### Task prompt
Only one stretch of the data below is wanted: the lines starting at the one with "unfoldable pub explain_refusal" and ending at the one with "else ok ((row, false), record", both included, given again exactly.

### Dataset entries
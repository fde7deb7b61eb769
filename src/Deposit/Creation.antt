-- ===== src/Deposit/Creation.antt =====
-- Opening a deposit: `create` of src/modules/deposit/services/deposit.service.ts. The payment methods and
-- their rails are reached through the interface of src/modules/deposit/ports/index.ts. The source, address
-- and browser of the request, and what is rendered for the player, are left out.
pub mod Cases
pub mod Limits
pub mod Replay
use telegram_mini_app.Prelude.{
  ℕ, ◌+◌, ◌*◌, Bool, true, false, not, ◌&&◌, ◌||◌, List, [], ◌∷◌, Option, none, some, any, find,
  or_else, if◌then◌else◌,
}
use telegram_mini_app.Prelude.Integers.{ℤ, pos, ◌+ℤ◌, eqb_ℤ}
use telegram_mini_app.Prelude.Text.{Text, text, text_eq, is_text, nonempty}
use telegram_mini_app.Types.{
  Actor, DepositStatus, draft, awaiting_proof, rejected, status_eq, TenantStatus, active_tenant,
  suspended_tenant, closed_tenant, Error, Result, ok, err, business_rule, validation_error,
  transaction_aborted, tenant_not_active, tenant_staff_group_required, reference_already_used,
  payment_destination_unavailable,
}
use telegram_mini_app.Db.{
  Db, Env, Tx, pure, throw, ◌>>=◌, ◌>>◌, require, require_effective_tenant_id, generate_id,
  write_audit,
}
use telegram_mini_app.Db.Rows.{Deposit, Tenant}
use telegram_mini_app.Money.Scale.{trim}
use telegram_mini_app.Money.Divide.{half_up, apply_bps}
use telegram_mini_app.Deposit.StateMachine.{
  TransitionInput, TransitionOutcome, no_guard, transition,
}
use telegram_mini_app.Deposit.Policy.{PolicyCheckInput, PolicyDecision, assert_may_deposit}

pub data PaymentRail : Type 0 where
  bank_transfer mobile_wallet cash_office crypto internal : PaymentRail

pub record ResolvedPaymentMethod : Type 0 where
  pub id : Text
  pub rail : PaymentRail
  pub currency_code : Text
  pub fee_fixed_minor : ℤ
  pub fee_bps : ℤ

pub data RailStage : Type 0 where
  create_stage submit_stage : RailStage

pub record SubmissionCheckInput : Type 0 where
  pub payment_method_id : Text
  pub destination_id : Option Text
  pub amount_minor : ℤ
  pub external_reference : Option Text
  pub sender_account : Option Text
  pub proof_count : ℕ
  pub stage : RailStage

-- The code of each issue.
pub data SubmissionCheck : Type 0 where
  accepted : SubmissionCheck
  issues : List Text → SubmissionCheck

-- `PAYMENT_METHOD_PORT`, as it answers this call. A destination is its id.
pub record PaymentMethodPort : Type 0 where
  pub get_active_by_id : Text → Result ResolvedPaymentMethod
  pub pick_destination : Text → Text → Result Text
  pub check_submission : SubmissionCheckInput → SubmissionCheck

-- The configured minutes that a player has to pay, whether the database lets a transaction go on after
-- a statement of it has failed (PostgreSQL does not), and what others commit between the first reads
-- and the transaction.
pub record Surroundings : Type 0 where
  pub payments : PaymentMethodPort
  pub deposit_expiry_minutes : ℕ
  pub survives_failure : Bool
  pub others : Db → Db

pub record CreateDepositInput : Type 0 where
  pub player_id : Text
  pub payment_method_id : Text
  pub payment_destination_id : Option Text
  pub amount_minor : ℤ
  pub external_reference : Option Text
  pub sender_account : Option Text
  pub idempotency_key : Option Text

pub record CreatedDeposit : Type 0 where
  pub short_id : Text
  pub status : DepositStatus
  pub amount_minor : ℤ
  pub fee_minor : ℤ
  pub currency_code : Text
  pub expires_at : ℕ

-- A blank field is absent.
unfoldable pub blank_to_null : Option Text → Option Text
blank_to_null none = none
blank_to_null (some value) = if nonempty (trim value) then some (trim value) else none

abbrev pub lift : {A : Type 0} → Result A → Tx A
lift (ok a) = pure a
lift (err e) = throw e

abbrev pub is_serving : Tenant → Bool
is_serving t = elim t.status [
  | active_tenant ↦ true
  | suspended_tenant ↦ false
  | closed_tenant ↦ false
]

-- `boundChatOf(adminChatId) === null`.
abbrev pub is_unbound : Tenant → Bool
is_unbound t = eqb_ℤ t.admin_chat_id (pos 0)

unfoldable pub assert_operator_serving : Env → Tx (Unit {0})
assert_operator_serving env = do
  tenant ← require_effective_tenant_id env
  λ db. elim (find (λ (t : Tenant). text_eq t.id tenant) db.tenants) [
    | none ↦ throw (business_rule tenant_not_active) db
    | some t ↦
        (do
          require (is_serving t) (business_rule tenant_not_active)
          require (not (is_unbound t)) (business_rule tenant_staff_group_required))
          db
  ]

-- The client may name a destination only if it is the one that the rotation picks.
unfoldable pub resolve_destination : PaymentMethodPort → CreateDepositInput → Text → Result Text
resolve_destination port input method = elim (port.pick_destination method input.player_id) [
  | err e ↦ err e
  | ok picked ↦ elim input.payment_destination_id [
    | none ↦ ok picked
    | some asked ↦
        if text_eq asked picked
        then ok picked
        else err (business_rule payment_destination_unavailable)
  ]
]

-- The code of the first issue.
abbrev pub issue_code : List Text → Text
issue_code [] = text "REFERENCE_MALFORMED"
issue_code (code ∷ codes) = code

unfoldable pub assert_rail_accepts : PaymentMethodPort → SubmissionCheckInput → Tx (Unit {0})
assert_rail_accepts port input = elim (port.check_submission input) [
  | accepted ↦ pure tt
  | issues codes ↦ throw (validation_error (issue_code codes))
]

unfoldable pub fee_for : ResolvedPaymentMethod → ℤ → Result ℤ
fee_for method amount = elim method.rail [
  | internal ↦ ok (pos 0)
  | _ ↦ elim (apply_bps amount method.fee_bps half_up) [
    | ok fee ↦ ok (method.fee_fixed_minor +ℤ fee)
    | err e ↦ err e
  ]
]

-- What `insertDeposit` is handed.
pub record DepositArgs : Type 0 where
  pub input : CreateDepositInput
  pub method : ResolvedPaymentMethod
  pub destination : Text
  pub fee_minor : ℤ
  pub expires_at : ℕ
  pub reference : Option Text
  pub sender_account : Option Text

abbrev pub deposit_row : Env → DepositArgs → Text → Text → Text → Deposit
deposit_row env args tenant short id = record {
  id = id;
  tenant_id = tenant;
  short_id = short;
  player_id = args.input.player_id;
  payment_method_id = args.method.id;
  payment_destination_id = some args.destination;
  currency_code = args.method.currency_code;
  status = draft;
  claimed_amount_minor = args.input.amount_minor;
  verified_amount_minor = none;
  credited_amount_minor = none;
  fee_minor = args.fee_minor;
  external_reference = args.reference;
  sender_account = args.sender_account;
  expires_at = some args.expires_at;
  submitted_at = none;
  review_started_at = none;
  decided_at = none;
  second_approved_at = none;
  credited_at = none;
  decided_by_admin_id = none;
  second_approver_admin_id = none;
  rejection_code = none;
  rejection_note = none;
  idempotency_key = args.input.idempotency_key;
  credit_key_epoch = 0;
  credit_attempts = 0;
  credit_verified_by = none;
  balance_before_minor = none;
  balance_after_minor = none;
  ledger_claim_tx_id = none;
  ledger_credit_tx_id = none;
  admin_chat_id = none;
  admin_message_id = none;
  admin_thread_id = none;
  created_at = env.now;
  updated_at = env.now;
}

-- UNIQUE(tenant_id, idempotency_key), where NULL equals nothing.
abbrev pub has_idempotency_key : Text → Text → Deposit → Bool
has_idempotency_key tenant key d = is_text d.idempotency_key key && text_eq d.tenant_id tenant

-- `uq_deposit_external_reference_active` (prisma/sql/004_partial_indexes.sql).
abbrev pub claims_reference : Text → Text → Deposit → Bool
claims_reference method reference d =
    is_text d.external_reference reference
    && (text_eq d.payment_method_id method && not (status_eq d.status rejected))

abbrev pub under_key : (Text → Deposit → Bool) → Option Text → List Deposit → Bool
under_key test key deposits = elim key [ none ↦ false | some k ↦ any (test k) deposits ]

-- Does a unique index of the table refuse the row?
abbrev pub collides : Deposit → List Deposit → Bool
collides row deposits =
    under_key (has_idempotency_key row.tenant_id) row.idempotency_key deposits
    || (under_key (claims_reference row.payment_method_id) row.external_reference deposits
        || any
            (λ (d : Deposit). text_eq d.short_id row.short_id && text_eq d.tenant_id row.tenant_id)
            deposits)

-- `DepositRepository.findByIdempotencyKey`.
abbrev pub find_by_idempotency_key : Text → Text → List Deposit → Option Deposit
find_by_idempotency_key tenant key deposits = find (has_idempotency_key tenant key) deposits

-- After a refused insert: the deposit of the key, flagged as a replay.
unfoldable pub explain_refusal : Bool → Text → Option Text → Tx (Deposit × Bool)
explain_refusal survives tenant none db = throw (business_rule reference_already_used) db
explain_refusal survives tenant (some key) db =
    if survives
    then elim (find_by_idempotency_key tenant key db.deposits) [
      | none ↦ throw (business_rule reference_already_used) db
      | some existing ↦ pure (existing, true) db
    ]
    else throw transaction_aborted db

-- The insert of a row, and whether one was there before.
unfoldable pub store_deposit : Bool → Deposit → Tx (Deposit × Bool)
store_deposit survives row db =
    if collides row db.deposits
    then explain_refusal survives row.tenant_id row.idempotency_key db
    else ok ((row, false), record db { deposits = row ∷ db.deposits })

unfoldable pub insert_deposit : Env → Bool → DepositArgs → Tx (Deposit × Bool)
insert_deposit env survives args = do
  tenant ← require_effective_tenant_id env
  short ← generate_id
  id ← generate_id
  store_deposit survives (deposit_row env args tenant short id)

abbrev pub opening_input : Actor → Text → TransitionInput
opening_input actor id = record {
  deposit_request_id = id;
  from = draft ∷ [];
  to = awaiting_proof;
  actor = actor;
  patch = [];
  guard = no_guard;
}

unfoldable pub announce_opening : Env → Actor → Deposit × Bool → Tx Deposit
announce_opening env actor (d, true) = pure d
announce_opening env actor (d, false) = do
  transition env (opening_input actor d.id)
  write_audit env (text "deposit.create") actor d.id (some d.claimed_amount_minor)
  pure (record d { status = awaiting_proof })

abbrev pub policy_input : DepositArgs → PolicyCheckInput
policy_input args = record {
  player_id = args.input.player_id;
  currency_code = args.method.currency_code;
  amount_minor = args.input.amount_minor;
}

-- The transaction of `create`.
unfoldable pub open_deposit : Env → Bool → Actor → DepositArgs → Tx Deposit
open_deposit env survives actor args = do
  assert_may_deposit env (policy_input args)
  created ← insert_deposit env survives args
  announce_opening env actor created

abbrev pub creation_check : ResolvedPaymentMethod → Text → CreateDepositInput → SubmissionCheckInput
creation_check method destination input = record {
  payment_method_id = method.id;
  destination_id = some destination;
  amount_minor = input.amount_minor;
  external_reference = blank_to_null input.external_reference;
  sender_account = blank_to_null input.sender_account;
  proof_count = 0;
  stage = create_stage;
}

abbrev pub created_view : ℕ → Deposit → CreatedDeposit
created_view expires d = record {
  short_id = d.short_id;
  status = d.status;
  amount_minor = d.claimed_amount_minor;
  fee_minor = d.fee_minor;
  currency_code = d.currency_code;
  expires_at = or_else d.expires_at expires;
}

unfoldable pub create_deposit : Env → Surroundings → Actor → CreateDepositInput → Tx CreatedDeposit
create_deposit env around actor input = do
  assert_operator_serving env
  method ← lift (around.payments.get_active_by_id input.payment_method_id)
  destination ← lift (resolve_destination around.payments input method.id)
  assert_rail_accepts around.payments (creation_check method destination input)
  fee ← lift (fee_for method input.amount_minor)
  let expires = env.now + around.deposit_expiry_minutes * 60000
  d ← λ db.
      open_deposit env around.survives_failure actor
        (record {
          input = input;
          method = method;
          destination = destination;
          fee_minor = fee;
          expires_at = expires;
          reference = blank_to_null input.external_reference;
          sender_account = blank_to_null input.sender_account;
        })
        (around.others db)
  pure (created_view expires d)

### Answer below
unfoldable pub explain_refusal : Bool → Text → Option Text → Tx (Deposit × Bool)
explain_refusal survives tenant none db = throw (business_rule reference_already_used) db
explain_refusal survives tenant (some key) db =
    if survives
    then elim (find_by_idempotency_key tenant key db.deposits) [
      | none ↦ throw (business_rule reference_already_used) db
      | some existing ↦ pure (existing, true) db
    ]
    else throw transaction_aborted db

-- The insert of a row, and whether one was there before.
unfoldable pub store_deposit : Bool → Deposit → Tx (Deposit × Bool)
store_deposit survives row db =
    if collides row db.deposits
    then explain_refusal survives row.tenant_id row.idempotency_key db
    else ok ((row, false), record db { deposits = row ∷ db.deposits })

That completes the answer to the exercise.